= DATA SUPPLIED =
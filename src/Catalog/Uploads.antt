-- ===== src/Catalog/Uploads.antt =====
-- Chapters that creator.service.ts uploads, as chapter.service.ts delivers them.
use arktion_sui_overflow.Catalog.Rows.{Series, Page, Catalog}
use arktion_sui_overflow.Catalog.Chapters.{ContentSource, get_pages, insert_page, by_page_number}
use arktion_sui_overflow.Prelude.{
  ok, ◌==◌, ◌≤◌, List, ℕ, Bool, ◌≢◌, suc, ◌≡◌, none, some, true, arith, [], ◌∷◌, refl, find, is_ok,
}
use arktion_sui_overflow.Catalog.Creator.{
  create_chapter, number_pages, chapter_pages, CreateChapterDto,
}

insert_page_first :
    (n : ℕ) (p : Page) (urls : List ℕ)
    → p.page_number ≤ n
    → insert_page p (number_pages n urls) ≡ p ∷ number_pages n urls
unfolding insert_page number_pages
insert_page_first n p [] h = refl
insert_page_first n p (u ∷ urls) h = ground arith

by_page_number-number_pages :
    (n : ℕ) (urls : List ℕ) → by_page_number (number_pages n urls) ≡ number_pages n urls
unfolding by_page_number number_pages
by_page_number-number_pages n [] = refl
by_page_number-number_pages n (u ∷ urls) = rw (by_page_number-number_pages (suc n) urls) (
    insert_page_first (suc n) (record { page_number = n; image_url = some u; content_url = none })
      urls (omega arith))

-- A chapter of images that was uploaded is delivered with the same images in the same order, numbered
-- from 1, and its delivery writes nothing.
pub get_pages-create_chapter :
    (source : ContentSource) (id user series : ℕ) (dto : CreateChapterDto) (now : ℕ) (saver : Bool)
    (c : Catalog) (s : Series)
    → find (λ x. x.id == series) c.series ≡ some s
    → s.format_type ≢ 0
    → is_ok (create_chapter id user series dto now c).0 ≡ true
    → let c' = (create_chapter id user series dto now c).1 in
      get_pages source id saver c' ≡ (ok (number_pages 1 dto.image_urls), c')
unfolding create_chapter get_pages chapter_pages
get_pages-create_chapter source id user series dto now saver c s h f o =
    ground (arith, h, by_page_number-number_pages 1 dto.image_urls)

= TASK TO COMPLETE =
Among the lines of the material above, find those with the word "arith". Copy each one.

= EXERCISE OUTPUT =
  ok, ◌==◌, ◌≤◌, List, ℕ, Bool, ◌≢◌, suc, ◌≡◌, none, some, true, arith, [], ◌∷◌, refl, find, is_ok,
insert_page_first n p (u ∷ urls) h = ground arith
      urls (omega arith))
    ground (arith, h, by_page_number-number_pages 1 dto.image_urls)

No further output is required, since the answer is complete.